### Assignment
Set out exactly, line by line, the stretch of data below that begins at the line containing "elim (Result-cases l.0)" and ends at the line containing "inr (u, q) ↦", with both ends kept.

### Supplied data
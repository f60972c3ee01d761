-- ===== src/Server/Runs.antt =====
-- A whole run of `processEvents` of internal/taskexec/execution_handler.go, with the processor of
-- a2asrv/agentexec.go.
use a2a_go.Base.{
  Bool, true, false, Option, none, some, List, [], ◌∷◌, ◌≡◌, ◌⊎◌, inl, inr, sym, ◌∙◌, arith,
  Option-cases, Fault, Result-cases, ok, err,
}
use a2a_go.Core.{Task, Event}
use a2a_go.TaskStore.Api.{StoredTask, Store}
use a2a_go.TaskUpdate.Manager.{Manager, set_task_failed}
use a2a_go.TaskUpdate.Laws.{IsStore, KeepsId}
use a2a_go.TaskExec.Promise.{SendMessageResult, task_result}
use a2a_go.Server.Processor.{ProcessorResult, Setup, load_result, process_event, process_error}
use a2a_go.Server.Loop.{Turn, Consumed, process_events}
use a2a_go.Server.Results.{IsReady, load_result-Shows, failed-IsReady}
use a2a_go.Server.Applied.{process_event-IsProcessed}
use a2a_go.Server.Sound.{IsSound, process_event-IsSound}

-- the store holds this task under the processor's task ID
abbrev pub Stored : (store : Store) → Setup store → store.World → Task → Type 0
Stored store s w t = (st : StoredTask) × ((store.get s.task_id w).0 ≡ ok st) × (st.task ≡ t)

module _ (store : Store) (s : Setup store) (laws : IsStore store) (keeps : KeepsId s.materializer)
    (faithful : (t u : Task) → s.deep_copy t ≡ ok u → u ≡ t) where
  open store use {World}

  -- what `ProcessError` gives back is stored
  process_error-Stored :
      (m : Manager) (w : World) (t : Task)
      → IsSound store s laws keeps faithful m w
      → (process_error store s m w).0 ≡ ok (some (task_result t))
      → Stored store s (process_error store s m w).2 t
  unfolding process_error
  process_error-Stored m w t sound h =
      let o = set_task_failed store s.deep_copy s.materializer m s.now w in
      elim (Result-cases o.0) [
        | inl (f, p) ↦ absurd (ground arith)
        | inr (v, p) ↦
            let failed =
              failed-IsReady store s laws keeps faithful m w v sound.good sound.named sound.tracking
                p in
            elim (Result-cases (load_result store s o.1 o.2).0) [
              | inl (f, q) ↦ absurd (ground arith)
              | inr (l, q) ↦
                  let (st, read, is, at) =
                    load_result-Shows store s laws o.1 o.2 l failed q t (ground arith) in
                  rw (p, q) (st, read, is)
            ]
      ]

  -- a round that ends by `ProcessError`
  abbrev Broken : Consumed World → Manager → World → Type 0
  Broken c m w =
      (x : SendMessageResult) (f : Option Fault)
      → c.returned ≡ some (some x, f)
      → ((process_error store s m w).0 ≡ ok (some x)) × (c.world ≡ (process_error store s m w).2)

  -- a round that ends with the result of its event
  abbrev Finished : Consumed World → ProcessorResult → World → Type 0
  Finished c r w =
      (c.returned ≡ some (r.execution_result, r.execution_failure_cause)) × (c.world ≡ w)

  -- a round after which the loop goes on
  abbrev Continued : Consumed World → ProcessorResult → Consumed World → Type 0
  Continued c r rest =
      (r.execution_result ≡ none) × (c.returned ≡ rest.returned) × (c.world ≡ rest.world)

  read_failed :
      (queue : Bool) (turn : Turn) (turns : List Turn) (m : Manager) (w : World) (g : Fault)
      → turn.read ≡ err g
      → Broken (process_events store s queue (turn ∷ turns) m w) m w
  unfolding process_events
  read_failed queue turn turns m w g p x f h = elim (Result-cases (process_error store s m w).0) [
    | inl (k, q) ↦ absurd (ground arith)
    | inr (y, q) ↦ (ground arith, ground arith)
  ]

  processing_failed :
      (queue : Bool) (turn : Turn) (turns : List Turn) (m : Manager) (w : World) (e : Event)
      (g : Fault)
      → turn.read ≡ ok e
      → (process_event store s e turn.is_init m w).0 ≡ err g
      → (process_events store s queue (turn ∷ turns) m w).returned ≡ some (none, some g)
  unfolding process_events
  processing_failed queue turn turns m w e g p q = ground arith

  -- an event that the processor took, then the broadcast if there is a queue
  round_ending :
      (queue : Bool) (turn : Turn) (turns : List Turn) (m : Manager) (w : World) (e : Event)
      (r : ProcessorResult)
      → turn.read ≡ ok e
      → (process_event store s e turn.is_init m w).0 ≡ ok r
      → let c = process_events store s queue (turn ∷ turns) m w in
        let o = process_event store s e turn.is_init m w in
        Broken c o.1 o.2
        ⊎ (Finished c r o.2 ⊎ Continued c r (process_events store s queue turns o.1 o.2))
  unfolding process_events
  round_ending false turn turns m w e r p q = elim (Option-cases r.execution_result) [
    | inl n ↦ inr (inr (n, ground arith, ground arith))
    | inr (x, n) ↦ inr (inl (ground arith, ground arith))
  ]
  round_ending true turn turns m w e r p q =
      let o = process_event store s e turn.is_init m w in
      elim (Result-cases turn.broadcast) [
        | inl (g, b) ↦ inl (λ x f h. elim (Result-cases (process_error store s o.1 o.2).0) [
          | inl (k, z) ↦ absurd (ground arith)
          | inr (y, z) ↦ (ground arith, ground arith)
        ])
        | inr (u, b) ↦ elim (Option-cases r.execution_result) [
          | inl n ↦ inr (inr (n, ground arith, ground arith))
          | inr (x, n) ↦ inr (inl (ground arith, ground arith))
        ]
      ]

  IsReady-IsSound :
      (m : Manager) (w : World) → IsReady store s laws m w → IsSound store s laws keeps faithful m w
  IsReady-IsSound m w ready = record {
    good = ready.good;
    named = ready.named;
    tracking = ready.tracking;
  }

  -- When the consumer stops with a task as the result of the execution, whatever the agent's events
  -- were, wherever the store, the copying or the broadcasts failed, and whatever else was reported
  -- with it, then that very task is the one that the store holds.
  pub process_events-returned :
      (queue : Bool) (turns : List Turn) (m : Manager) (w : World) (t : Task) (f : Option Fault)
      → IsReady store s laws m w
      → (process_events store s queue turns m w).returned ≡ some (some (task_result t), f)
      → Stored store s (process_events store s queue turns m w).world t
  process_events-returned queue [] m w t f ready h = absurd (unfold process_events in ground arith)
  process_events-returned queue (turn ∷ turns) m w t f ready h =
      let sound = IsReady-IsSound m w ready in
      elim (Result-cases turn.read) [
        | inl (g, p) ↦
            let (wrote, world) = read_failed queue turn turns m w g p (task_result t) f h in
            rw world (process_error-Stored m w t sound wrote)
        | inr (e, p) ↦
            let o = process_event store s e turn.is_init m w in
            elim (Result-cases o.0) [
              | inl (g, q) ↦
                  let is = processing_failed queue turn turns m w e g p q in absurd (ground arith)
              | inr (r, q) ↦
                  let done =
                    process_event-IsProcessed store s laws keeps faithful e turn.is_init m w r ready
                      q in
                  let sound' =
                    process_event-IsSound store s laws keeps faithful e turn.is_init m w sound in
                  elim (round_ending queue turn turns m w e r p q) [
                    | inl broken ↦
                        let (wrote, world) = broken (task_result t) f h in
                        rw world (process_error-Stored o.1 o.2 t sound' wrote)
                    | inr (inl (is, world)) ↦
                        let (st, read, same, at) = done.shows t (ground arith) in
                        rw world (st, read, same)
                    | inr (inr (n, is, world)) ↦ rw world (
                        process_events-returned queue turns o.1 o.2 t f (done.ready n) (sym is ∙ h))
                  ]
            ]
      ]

---

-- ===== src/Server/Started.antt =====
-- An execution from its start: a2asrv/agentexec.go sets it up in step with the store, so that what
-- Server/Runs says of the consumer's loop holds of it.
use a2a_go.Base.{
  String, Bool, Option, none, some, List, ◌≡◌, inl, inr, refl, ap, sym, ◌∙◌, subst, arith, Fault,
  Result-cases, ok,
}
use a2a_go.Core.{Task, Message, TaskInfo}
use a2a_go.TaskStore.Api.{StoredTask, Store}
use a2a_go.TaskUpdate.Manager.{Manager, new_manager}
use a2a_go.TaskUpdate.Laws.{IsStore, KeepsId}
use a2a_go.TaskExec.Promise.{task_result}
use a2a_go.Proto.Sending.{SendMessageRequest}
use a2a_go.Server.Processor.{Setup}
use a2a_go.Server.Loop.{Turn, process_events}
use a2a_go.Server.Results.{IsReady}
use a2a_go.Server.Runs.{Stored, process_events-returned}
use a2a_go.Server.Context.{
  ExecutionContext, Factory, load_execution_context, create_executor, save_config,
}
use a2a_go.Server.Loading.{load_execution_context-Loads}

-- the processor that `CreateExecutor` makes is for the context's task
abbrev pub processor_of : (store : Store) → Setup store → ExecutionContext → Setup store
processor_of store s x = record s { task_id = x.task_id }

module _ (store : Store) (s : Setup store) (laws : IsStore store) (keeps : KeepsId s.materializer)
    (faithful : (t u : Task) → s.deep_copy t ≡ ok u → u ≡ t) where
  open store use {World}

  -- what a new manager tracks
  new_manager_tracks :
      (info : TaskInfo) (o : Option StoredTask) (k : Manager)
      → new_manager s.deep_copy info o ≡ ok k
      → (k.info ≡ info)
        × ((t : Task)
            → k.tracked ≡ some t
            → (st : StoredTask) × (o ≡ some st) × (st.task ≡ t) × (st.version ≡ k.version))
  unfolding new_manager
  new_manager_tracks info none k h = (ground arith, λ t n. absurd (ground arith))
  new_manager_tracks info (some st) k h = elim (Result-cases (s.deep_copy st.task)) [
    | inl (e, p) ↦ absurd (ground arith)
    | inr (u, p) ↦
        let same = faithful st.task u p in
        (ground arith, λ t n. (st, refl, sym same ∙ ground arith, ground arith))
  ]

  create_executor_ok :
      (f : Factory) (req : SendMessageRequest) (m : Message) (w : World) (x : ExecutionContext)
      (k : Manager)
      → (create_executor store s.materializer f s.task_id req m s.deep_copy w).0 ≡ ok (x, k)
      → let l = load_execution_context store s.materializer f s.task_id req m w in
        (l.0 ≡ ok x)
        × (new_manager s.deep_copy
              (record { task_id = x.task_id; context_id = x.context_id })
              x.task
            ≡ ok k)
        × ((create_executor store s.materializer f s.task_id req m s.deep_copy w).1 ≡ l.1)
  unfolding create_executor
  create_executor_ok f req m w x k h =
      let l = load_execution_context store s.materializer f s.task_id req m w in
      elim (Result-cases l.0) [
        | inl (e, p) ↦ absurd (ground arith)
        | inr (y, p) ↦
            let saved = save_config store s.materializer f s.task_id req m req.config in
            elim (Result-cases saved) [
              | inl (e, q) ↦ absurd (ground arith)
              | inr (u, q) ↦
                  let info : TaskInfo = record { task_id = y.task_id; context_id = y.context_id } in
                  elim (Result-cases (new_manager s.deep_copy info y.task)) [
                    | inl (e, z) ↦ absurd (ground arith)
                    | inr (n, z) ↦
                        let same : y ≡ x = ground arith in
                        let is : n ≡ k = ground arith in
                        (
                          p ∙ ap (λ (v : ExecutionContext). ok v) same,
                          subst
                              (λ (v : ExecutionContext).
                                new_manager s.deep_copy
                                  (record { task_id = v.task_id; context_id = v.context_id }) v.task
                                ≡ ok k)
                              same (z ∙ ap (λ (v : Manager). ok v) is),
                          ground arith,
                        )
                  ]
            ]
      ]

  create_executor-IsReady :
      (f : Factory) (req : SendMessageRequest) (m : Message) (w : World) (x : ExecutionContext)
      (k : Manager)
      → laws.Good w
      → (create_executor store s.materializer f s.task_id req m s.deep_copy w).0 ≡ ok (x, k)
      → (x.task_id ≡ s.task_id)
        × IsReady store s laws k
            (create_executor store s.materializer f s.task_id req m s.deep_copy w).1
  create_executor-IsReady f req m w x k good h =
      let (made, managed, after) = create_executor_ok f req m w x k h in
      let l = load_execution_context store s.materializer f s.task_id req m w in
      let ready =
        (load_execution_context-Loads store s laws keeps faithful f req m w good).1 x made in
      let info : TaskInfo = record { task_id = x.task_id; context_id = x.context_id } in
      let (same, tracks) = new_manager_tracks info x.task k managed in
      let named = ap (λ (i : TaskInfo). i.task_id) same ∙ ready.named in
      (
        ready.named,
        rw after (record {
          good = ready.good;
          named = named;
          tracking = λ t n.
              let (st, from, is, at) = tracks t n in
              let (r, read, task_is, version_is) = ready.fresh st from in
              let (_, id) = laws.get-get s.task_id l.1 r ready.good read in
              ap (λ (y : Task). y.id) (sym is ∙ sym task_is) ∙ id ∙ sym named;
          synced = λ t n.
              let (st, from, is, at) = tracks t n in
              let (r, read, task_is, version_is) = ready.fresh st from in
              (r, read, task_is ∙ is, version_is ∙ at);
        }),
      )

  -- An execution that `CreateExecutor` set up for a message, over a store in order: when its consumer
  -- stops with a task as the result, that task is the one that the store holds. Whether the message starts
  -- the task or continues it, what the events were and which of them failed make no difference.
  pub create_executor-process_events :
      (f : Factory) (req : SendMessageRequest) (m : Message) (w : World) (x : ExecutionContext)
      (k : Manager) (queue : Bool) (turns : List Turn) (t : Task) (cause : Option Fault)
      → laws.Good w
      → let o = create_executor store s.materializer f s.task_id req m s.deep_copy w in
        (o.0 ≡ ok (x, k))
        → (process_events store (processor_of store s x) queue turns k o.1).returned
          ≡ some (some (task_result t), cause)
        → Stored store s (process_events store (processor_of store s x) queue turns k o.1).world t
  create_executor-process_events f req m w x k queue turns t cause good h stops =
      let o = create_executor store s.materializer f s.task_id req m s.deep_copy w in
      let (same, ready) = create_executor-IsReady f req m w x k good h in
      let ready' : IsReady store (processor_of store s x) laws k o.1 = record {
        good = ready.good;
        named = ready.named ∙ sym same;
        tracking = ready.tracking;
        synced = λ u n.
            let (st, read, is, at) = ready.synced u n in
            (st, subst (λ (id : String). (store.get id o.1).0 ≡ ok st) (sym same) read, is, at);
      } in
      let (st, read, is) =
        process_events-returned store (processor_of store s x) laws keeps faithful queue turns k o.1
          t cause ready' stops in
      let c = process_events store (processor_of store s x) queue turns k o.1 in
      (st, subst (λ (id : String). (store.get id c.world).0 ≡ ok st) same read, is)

### Answer to this exercise
      elim (Result-cases l.0) [
        | inl (e, p) ↦ absurd (ground arith)
        | inr (y, p) ↦
            let saved = save_config store s.materializer f s.task_id req m req.config in
            elim (Result-cases saved) [
              | inl (e, q) ↦ absurd (ground arith)
              | inr (u, q) ↦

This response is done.